## Supplied data
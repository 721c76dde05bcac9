-- ===== src/Ws/Halted.antt =====
-- A client that has been disconnected stays so until `connect` is called.
use workflowui.Base.{
  ℕ, ◌≡◌, refl, sym, ◌∙◌, inl, inr, true, false, ◌||◌, Option, some, none, List, [], ◌∷◌, eqb,
  find?, is_some, All, All-mem, String, Bool, Option-cases, find?-mem, All-map_imp, if_both,
  if_true, subst, ◌==◌,
}
use workflowui.Ws.{
  PendingCall, Purpose, reply, retry, Timer, Client, Event, MessageId, absent, other, number,
  RpcResponse, Parsed, invalid, null, response, Output, rejected, init, run, step, reject_all,
  clear_timeout, disarm, update, closed_error, complete, schedule_reconnect, settle_connect,
  on_open, on_error, on_close, on_response, dispatch, handle_message, call, notify, is_ready,
  run_purpose, run_timer, on_timer, disconnect, close_socket, subscribe, unsubscribe, emit_state,
  notify_connection, connects, opened, failed, closed, receives, calls, notifies, expires,
  disconnects, subscribes, unsubscribes, Topic, notifications, connections, reconnects, states,
}
use workflowui.Ws.Accounts.{All-clear_timeout}
use workflowui.Ws.Tracked.{TrackedBy, IsTracked, run-IsTracked, no_retry-clear_timeout}

cleared :
    (o : Option ℕ) (ts : List Timer)
    → All (λ t. TrackedBy none t.handle t.purpose) ts
    → All (λ t. TrackedBy none t.handle t.purpose) (clear_timeout o ts)
cleared o ts h = All-map_imp _ _ _ (λ t x. x.0) (All-clear_timeout _ o ts h)

module _ {ℓ} {V : Type ℓ} where
  -- `n` sockets have been made, none is held, and no timer is armed that would make another
  pub record IsHalted (n : ℕ) (c : Client V) : Type ℓ where
    pub stopped : c.stopped ≡ true
    pub ws : c.ws ≡ none
    pub reconnect_timer : c.reconnect_timer ≡ none
    pub no_retry : All (λ t. TrackedBy none t.handle t.purpose) c.timers
    pub sockets : c.next_socket ≡ n

  IsHalted-frame :
      {n : ℕ} (c d : Client V)
      → IsHalted n c
      → d.stopped ≡ c.stopped
      → d.ws ≡ c.ws
      → d.reconnect_timer ≡ c.reconnect_timer
      → All (λ t. TrackedBy none t.handle t.purpose) d.timers
      → d.next_socket ≡ c.next_socket
      → IsHalted n d
  IsHalted-frame c d v a b r ts s = record {
    stopped = a ∙ v.stopped;
    ws = b ∙ v.ws;
    reconnect_timer = r ∙ v.reconnect_timer;
    no_retry = ts;
    sockets = s ∙ v.sockets;
  }

  -- what leaves the fields alone that `IsHalted` reads
  same :
      {n : ℕ} (c d : Client V)
      → IsHalted n c
      → d.stopped ≡ c.stopped
      → d.ws ≡ c.ws
      → d.reconnect_timer ≡ c.reconnect_timer
      → d.timers ≡ c.timers
      → d.next_socket ≡ c.next_socket
      → IsHalted n d
  same c d v a b r ts s =
      IsHalted-frame c d v a b r
        (subst (All (λ t. TrackedBy none t.handle t.purpose)) (sym ts) v.no_retry) s

  schedule_reconnect-IsHalted :
      {n : ℕ} (random : ℕ) (c : Client V) → IsHalted n c → IsHalted n (schedule_reconnect random c)
  unfolding schedule_reconnect
  schedule_reconnect-IsHalted {n} random c v =
      let test : (is_some c.reconnect_timer || c.stopped) ≡ true =
        rw (v.reconnect_timer, v.stopped) in
      subst (IsHalted n) (sym (if_true _ c _ test)) v

  reject_all-IsHalted :
      {n : ℕ} (ps : List PendingCall) (c : Client V) → IsHalted n c → IsHalted n (reject_all ps c)
  unfolding reject_all
  reject_all-IsHalted [] c v = v
  reject_all-IsHalted (p ∷ ps) c v =
      let next = record c {
        timers = clear_timeout p.timer c.timers;
        settlements = (p.id, rejected closed_error) ∷ c.settlements;
      } in
      reject_all-IsHalted ps next
        (IsHalted-frame c next v refl refl refl (cleared p.timer c.timers v.no_retry) refl)

  settle_connect-IsHalted :
      {n : ℕ} (socket : ℕ) (o : Output V) (c : Client V)
      → IsHalted n c
      → IsHalted n (settle_connect socket o c)
  unfolding settle_connect
  settle_connect-IsHalted {n} socket o c v =
      if_both (IsHalted n) (c.is_settled socket) c _ v (same c _ v refl refl refl refl refl)

  on_open-IsHalted :
      {n : ℕ} (socket : ℕ) (c : Client V) → IsHalted n c → IsHalted n (on_open socket c)
  unfolding on_open notify_connection emit_state
  on_open-IsHalted {n} socket c v = settle_connect-IsHalted socket _ _ (
      if_both (IsHalted n) c.had_first_open _ _ (same c _ v refl refl refl refl refl)
        (same c _ v refl refl refl refl refl))

  on_close-IsHalted :
      {n : ℕ} (socket random : ℕ) (c : Client V)
      → IsHalted n c
      → IsHalted n (on_close socket random c)
  unfolding on_close notify_connection emit_state
  on_close-IsHalted {n} socket random c v =
      let shut : Client V = record c {
        is_open = update c.is_open socket false;
        connected = false;
      } in
      let told : Client V =
        notify_connection false (record (reject_all c.pending shut) { pending = [] }) in
      let w : IsHalted n told =
        same (reject_all c.pending shut) told
          (reject_all-IsHalted c.pending shut (same c shut v refl refl refl refl refl)) refl refl
          refl refl refl in
      if_both (IsHalted n) c.stopped told (schedule_reconnect random told) w
        (schedule_reconnect-IsHalted random told w)

  on_response-IsHalted :
      {n : ℕ} (id : MessageId) (msg : RpcResponse V) (c : Client V)
      → IsHalted n c
      → IsHalted n (on_response id msg c)
  unfolding on_response complete
  on_response-IsHalted absent msg c v = v
  on_response-IsHalted other msg c v = v
  on_response-IsHalted (number id) msg c v =
      elim (Option-cases (find? (λ p. eqb p.id id) c.pending)) [
        | inl missing ↦ rw missing v
        | inr (p, found) ↦
            rw found
              (IsHalted-frame c _ v refl refl refl (cleared p.timer c.timers v.no_retry) refl)
      ]

  dispatch-IsHalted :
      {n : ℕ} (method : Option String) (id : MessageId) (msg : RpcResponse V) (c : Client V)
      → IsHalted n c
      → IsHalted n (dispatch method id msg c)
  unfolding dispatch
  dispatch-IsHalted none id msg c v = on_response-IsHalted id msg c v
  dispatch-IsHalted {n} (some method) absent msg c v =
      if_both (IsHalted n) (method == "") c _ v (same c _ v refl refl refl refl refl)
  dispatch-IsHalted (some method) other msg c v = on_response-IsHalted other msg c v
  dispatch-IsHalted (some method) (number id) msg c v = on_response-IsHalted (number id) msg c v

  handle_message-IsHalted :
      {n : ℕ} (msg : Parsed V) (c : Client V) → IsHalted n c → IsHalted n (handle_message msg c)
  unfolding handle_message
  handle_message-IsHalted invalid c v = v
  handle_message-IsHalted null c v = same c _ v refl refl refl refl refl
  handle_message-IsHalted (response msg) c v = dispatch-IsHalted msg.method msg.id msg c v

  call-IsHalted :
      {n : ℕ} (method : String) (params : Option V) (timeout_ms : ℕ) (c : Client V)
      → IsHalted n c
      → IsHalted n (call method params timeout_ms c)
  unfolding call
  call-IsHalted method params timeout_ms c v =
      let down : is_ready c ≡ false = rw v.ws in rw down (same c _ v refl refl refl refl refl)

  notify-IsHalted :
      {n : ℕ} (method : String) (params : Option V) (c : Client V)
      → IsHalted n c
      → IsHalted n (notify method params c)
  unfolding notify
  notify-IsHalted {n} method params c v =
      if_both (IsHalted n) (is_ready c) _ c (same c _ v refl refl refl refl refl) v

  run_purpose-IsHalted :
      {n : ℕ} (handle : ℕ) (purpose : Purpose) (fails : Bool) (random : ℕ) (c : Client V)
      → IsHalted n c
      → TrackedBy none handle purpose
      → IsHalted n (run_purpose purpose fails random (record c { timers = disarm handle c.timers }))
  unfolding run_purpose
  run_purpose-IsHalted handle (reply id ms method) fails random c v h =
      IsHalted-frame c _ v refl refl refl (cleared (some handle) c.timers v.no_retry) refl
  run_purpose-IsHalted handle (retry delay) fails random c v h = cc

  on_timer-IsHalted :
      {n : ℕ} (handle : ℕ) (fails : Bool) (random : ℕ) (c : Client V)
      → IsHalted n c
      → IsHalted n (on_timer handle fails random c)
  unfolding on_timer run_timer
  on_timer-IsHalted handle fails random c v =
      elim (Option-cases (find? (λ t. eqb t.handle handle) c.timers)) [
        | inl missing ↦ rw missing v
        | inr (t, found) ↦ rw found (
            run_purpose-IsHalted t.handle t.purpose fails random c v
              (All-mem _ c.timers v.no_retry (find?-mem _ c.timers t found).0))
      ]

  next_socket-close_socket :
      (o : Option ℕ) (c : Client V) → (close_socket o c).next_socket ≡ c.next_socket
  unfolding close_socket
  next_socket-close_socket none c = refl
  next_socket-close_socket (some socket) c = refl

  disconnect-IsHalted : (c : Client V) → IsTracked c → IsHalted c.next_socket (disconnect c)
  unfolding disconnect emit_state
  disconnect-IsHalted c v = record {
    stopped = refl;
    ws = refl;
    reconnect_timer = refl;
    no_retry = no_retry-clear_timeout c v;
    sockets = next_socket-close_socket c.ws c;
  }

  disconnect_again : {n : ℕ} (c : Client V) → IsHalted n c → IsHalted n (disconnect c)
  unfolding disconnect emit_state
  disconnect_again c v = record {
    stopped = refl;
    ws = refl;
    reconnect_timer = refl;
    no_retry = cleared c.reconnect_timer c.timers v.no_retry;
    sockets = next_socket-close_socket c.ws c ∙ v.sockets;
  }

  subscribe-IsHalted :
      {n : ℕ} (topic : Topic) (h : ℕ) (c : Client V)
      → IsHalted n c
      → IsHalted n (subscribe topic h c)
  unfolding subscribe
  subscribe-IsHalted notifications h c v = same c _ v refl refl refl refl refl
  subscribe-IsHalted connections h c v = same c _ v refl refl refl refl refl
  subscribe-IsHalted reconnects h c v = same c _ v refl refl refl refl refl
  subscribe-IsHalted states h c v = same c _ v refl refl refl refl refl

  unsubscribe-IsHalted :
      {n : ℕ} (topic : Topic) (h : ℕ) (c : Client V)
      → IsHalted n c
      → IsHalted n (unsubscribe topic h c)
  unfolding unsubscribe
  unsubscribe-IsHalted notifications h c v = same c _ v refl refl refl refl refl
  unsubscribe-IsHalted connections h c v = same c _ v refl refl refl refl refl
  unsubscribe-IsHalted reconnects h c v = same c _ v refl refl refl refl refl
  unsubscribe-IsHalted states h c v = same c _ v refl refl refl refl refl

  -- any event but a call of `connect`
  abbrev pub IsPassive : Event V → Type 0
  IsPassive (connects fails random) = ⊥
  IsPassive _ = Unit

  step-IsHalted :
      {n : ℕ} (e : Event V) (c : Client V) → IsPassive e → IsHalted n c → IsHalted n (step e c)
  unfolding step on_error
  step-IsHalted (connects fails random) c p v = absurd p
  step-IsHalted (opened socket) c p v = on_open-IsHalted socket c v
  step-IsHalted (failed socket) c p v = settle_connect-IsHalted socket _ c v
  step-IsHalted (closed socket random) c p v = on_close-IsHalted socket random c v
  step-IsHalted (receives msg) c p v = handle_message-IsHalted msg c v
  step-IsHalted (calls method params timeout_ms) c p v = call-IsHalted method params timeout_ms c v
  step-IsHalted (notifies method params) c p v = notify-IsHalted method params c v
  step-IsHalted (expires handle fails random) c p v = on_timer-IsHalted handle fails random c v
  step-IsHalted disconnects c p v = disconnect_again c v
  step-IsHalted (subscribes topic h) c p v = subscribe-IsHalted topic h c v
  step-IsHalted (unsubscribes topic h) c p v = unsubscribe-IsHalted topic h c v

  run_from-IsHalted :
      {n : ℕ} (es : List (Event V)) (c : Client V)
      → All IsPassive es
      → IsHalted n c
      → IsHalted n (run es c)
  unfolding run
  run_from-IsHalted [] c p v = v
  run_from-IsHalted (e ∷ es) c p v = run_from-IsHalted es (step e c) p.1 (step-IsHalted e c p.0 v)

  -- After any events from the start and a call of `disconnect`, whatever happens except a call of
  -- `connect` (late closings and openings of sockets, timers that go off, answers, calls) makes no
  -- further socket: the client stays stopped without a socket, and no reconnection is armed.
  pub disconnect_halts :
      (es later : List (Event V))
      → All IsPassive later
      → IsHalted (run es init).next_socket (run later (disconnect (run es init)))
  disconnect_halts es later p =
      run_from-IsHalted later (disconnect (run es init)) p
        (disconnect-IsHalted (run es init) (run-IsTracked es))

## Goal of the exercise
For the lines above, output exactly those from the line containing "rw (v.reconnect_timer, v.stopped) in" through the line containing "reject_all-IsHalted ps next", and skip the others.

## Task solution
        rw (v.reconnect_timer, v.stopped) in
      subst (IsHalted n) (sym (if_true _ c _ test)) v

  reject_all-IsHalted :
      {n : ℕ} (ps : List PendingCall) (c : Client V) → IsHalted n c → IsHalted n (reject_all ps c)
  unfolding reject_all
  reject_all-IsHalted [] c v = v
  reject_all-IsHalted (p ∷ ps) c v =
      let next = record c {
        timers = clear_timeout p.timer c.timers;
        settlements = (p.id, rejected closed_error) ∷ c.settlements;
      } in
      reject_all-IsHalted ps next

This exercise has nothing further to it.